━━ ENTRIES SHOWN ━━

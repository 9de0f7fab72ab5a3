-- ===== src/Examples/Trade.antt =====
-- Payments, cancellations and expiry on a sale with one order.
use flux_kart.Prelude.{ℕ, ◌*◌, ◌≡◌, refl, Bool, true, false, some, none, List, [], ◌∷◌, arith}
use flux_kart.Prelude.Int.{ℤ, pos}
use flux_kart.Redis.{KeyStore, ExpiringStore}
use flux_kart.Inventory.{Hold, Stock}
use flux_kart.Db.{
  ReservationStatus, OrderStatus, InventoryRow, Reservation, Order, Payload, Database,
}
use flux_kart.Db.Inventory.{get_inventory, add_reserved, update_inventory}
use flux_kart.Db.Reservations.{
  IsUnique, confirm_reservation, get_reservation_by_id, update_reservation_status,
}
use flux_kart.Db.Orders.{create_order, get_order, set_order_status}
use flux_kart.Payments.Card.{Python, dated, PaymentRequest, card_error}
use flux_kart.Payments.{
  Receipt, fetch_order, pay_transaction, pay_uncached, pay_order, payment_error,
}
use flux_kart.Payments.Paid.{paid_only_once}
use flux_kart.Payments.Delivered.{delivery_then_payment}
use flux_kart.OrderConsumer.{processed, healthy, process_order_message}
use flux_kart.Payments.Races.{concurrent_payments_sell_twice}
use flux_kart.Examples.Stores.{write, key_store, expiring_store}

abbrev pub counters : KeyStore ℕ ℤ
counters = key_store ℤ

abbrev pub holds : ExpiringStore ℕ Hold
holds = expiring_store Hold

abbrev pub receipts : ExpiringStore ℕ Receipt
receipts = expiring_store Receipt

abbrev pub no_receipts : receipts.Db
no_receipts _ = none

abbrev pub stock : Stock counters holds
stock = (write (λ _. none) 1 (some (pos 5)), λ _. none)

-- Cards are valid until the time 5000, and every text is a number.
abbrev pub python : Python
python = record {
  is_digit = λ text. true;
  int = λ text. some (pos 20);
  month_start = λ year month. dated (pos 5000);
}

abbrev pub card : PaymentRequest
card = record {
  card_number = 4 ∷ 2 ∷ 4 ∷ 2 ∷ 4 ∷ 2 ∷ 4 ∷ 2 ∷ 4 ∷ 2 ∷ 4 ∷ 2 ∷ 4 ∷ 2 ∷ 4 ∷ 3 ∷ [];
  expiry = 1 ∷ b'/' ∷ 2 ∷ [];
  cvv = 1 ∷ 2 ∷ 3 ∷ [];
}

abbrev pub key : ℕ → ℕ → List ℕ → ℕ
key user_id order_id last4 = order_id

abbrev pub reservation : Reservation
reservation = record {
  id = 3;
  user_id = 4;
  sale_id = 1;
  quantity = 2;
  status = ReservationStatus.confirmed;
  idempotency_key = 6;
  expires_at = 900;
}

abbrev pub order : Order
order = record {
  id = 7;
  user_id = 4;
  sale_id = 1;
  reservation_id = 3;
  quantity = 2;
  unit_price = 500;
  total_price = 1000;
  status = OrderStatus.pending;
}

abbrev pub row : InventoryRow
row = record { sale_id = 1; total_quantity = 8; reserved_quantity = 5; sold_quantity = 1 }

abbrev pub tables : Database
tables = record {
  sales = [];
  inventory = row ∷ [];
  reservations = reservation ∷ [];
  orders = order ∷ [];
  outbox_events = [];
}

tables-IsUnique : IsUnique tables.reservations
tables-IsUnique = record { one_active = λ u s. ground arith; one_key = λ k. ground arith }

abbrev receipt : Receipt
receipt = record { order_id = 7; quantity = 2; total_paid = 1000; card_last4 = 4 ∷ 2 ∷ 4 ∷ 3 ∷ [] }

paid_only_once_example :
    let db' = (pay_uncached python receipts key true 100 4 7 card tables no_receipts).1 in
    (pay_order python receipts key true 200 4 7 card db' no_receipts).1 ≡ db'
unfolding pay_uncached fetch_order get_order get_reservation_by_id payment_error card_error
    pay_transaction update_reservation_status set_order_status update_inventory
paid_only_once_example =
    paid_only_once python receipts key true true 100 200 4 7 card card receipt tables no_receipts
      no_receipts refl

abbrev message : Payload
message = record { reservation_id = 3; user_id = 4; sale_id = 1; quantity = 2; unit_price = 500 }

abbrev unordered : Database
unordered = record tables {
  reservations = record reservation { status = ReservationStatus.pending } ∷ [];
  orders = [];
}

delivery_then_payment_example :
    let (verdict, db) = process_order_message ◌*◌ healthy 7 (some message) unordered in
    let paid_db = (pay_uncached python receipts key true 100 4 7 card db no_receipts).1 in
    (verdict ≡ processed)
    × (get_inventory 1 db ≡ some (add_reserved 2 row))
    × (get_inventory 1 paid_db ≡ some (record row { sold_quantity = 3 }))
unfolding get_reservation_by_id pay_uncached fetch_order get_order process_order_message
    create_order update_inventory confirm_reservation payment_error card_error pay_transaction
    update_reservation_status set_order_status
delivery_then_payment_example =
    delivery_then_payment ◌*◌ python receipts key 7 message
      (record reservation { status = ReservationStatus.pending }) row unordered true 100 card
      receipt no_receipts refl refl refl refl (omega arith, tt) (omega arith) refl (omega arith)
      refl

abbrev sold : ℕ → ℕ → Database
sold reserved_quantity sold_quantity = record tables {
  inventory =
      record row { reserved_quantity = reserved_quantity; sold_quantity = sold_quantity } ∷ [];
  orders = record order { status = OrderStatus.paid } ∷ [];
}

concurrent_payments_sell_twice_example :
    get_inventory 1 (sold 1 5) ≡ some (record row { sold_quantity = 5; reserved_quantity = 1 })
unfolding pay_transaction set_order_status update_reservation_status update_inventory
concurrent_payments_sell_twice_example =
    concurrent_payments_sell_twice (order, reservation) row tables (sold 3 3) (sold 1 5) refl refl
      refl

abbrev pub unlocked : ℕ → Bool
unlocked id = false

abbrev pub reachable : ℕ → Bool
reachable id = true

abbrev paid_tables : Database
paid_tables = sold 5 1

━━━

Only the lines from the first line of the records through the line with "abbrev pub key : ℕ → ℕ → List ℕ → ℕ" should be reproduced, exactly and with nothing added.

EXPECTED ANSWER
repository 9de0f7fab72ab5a3
-- ===== src/Examples/Trade.antt =====
-- Payments, cancellations and expiry on a sale with one order.
use flux_kart.Prelude.{ℕ, ◌*◌, ◌≡◌, refl, Bool, true, false, some, none, List, [], ◌∷◌, arith}
use flux_kart.Prelude.Int.{ℤ, pos}
use flux_kart.Redis.{KeyStore, ExpiringStore}
use flux_kart.Inventory.{Hold, Stock}
use flux_kart.Db.{
  ReservationStatus, OrderStatus, InventoryRow, Reservation, Order, Payload, Database,
}
use flux_kart.Db.Inventory.{get_inventory, add_reserved, update_inventory}
use flux_kart.Db.Reservations.{
  IsUnique, confirm_reservation, get_reservation_by_id, update_reservation_status,
}
use flux_kart.Db.Orders.{create_order, get_order, set_order_status}
use flux_kart.Payments.Card.{Python, dated, PaymentRequest, card_error}
use flux_kart.Payments.{
  Receipt, fetch_order, pay_transaction, pay_uncached, pay_order, payment_error,
}
use flux_kart.Payments.Paid.{paid_only_once}
use flux_kart.Payments.Delivered.{delivery_then_payment}
use flux_kart.OrderConsumer.{processed, healthy, process_order_message}
use flux_kart.Payments.Races.{concurrent_payments_sell_twice}
use flux_kart.Examples.Stores.{write, key_store, expiring_store}

abbrev pub counters : KeyStore ℕ ℤ
counters = key_store ℤ

abbrev pub holds : ExpiringStore ℕ Hold
holds = expiring_store Hold

abbrev pub receipts : ExpiringStore ℕ Receipt
receipts = expiring_store Receipt

abbrev pub no_receipts : receipts.Db
no_receipts _ = none

abbrev pub stock : Stock counters holds
stock = (write (λ _. none) 1 (some (pos 5)), λ _. none)

-- Cards are valid until the time 5000, and every text is a number.
abbrev pub python : Python
python = record {
  is_digit = λ text. true;
  int = λ text. some (pos 20);
  month_start = λ year month. dated (pos 5000);
}

abbrev pub card : PaymentRequest
card = record {
  card_number = 4 ∷ 2 ∷ 4 ∷ 2 ∷ 4 ∷ 2 ∷ 4 ∷ 2 ∷ 4 ∷ 2 ∷ 4 ∷ 2 ∷ 4 ∷ 2 ∷ 4 ∷ 3 ∷ [];
  expiry = 1 ∷ b'/' ∷ 2 ∷ [];
  cvv = 1 ∷ 2 ∷ 3 ∷ [];
}

abbrev pub key : ℕ → ℕ → List ℕ → ℕ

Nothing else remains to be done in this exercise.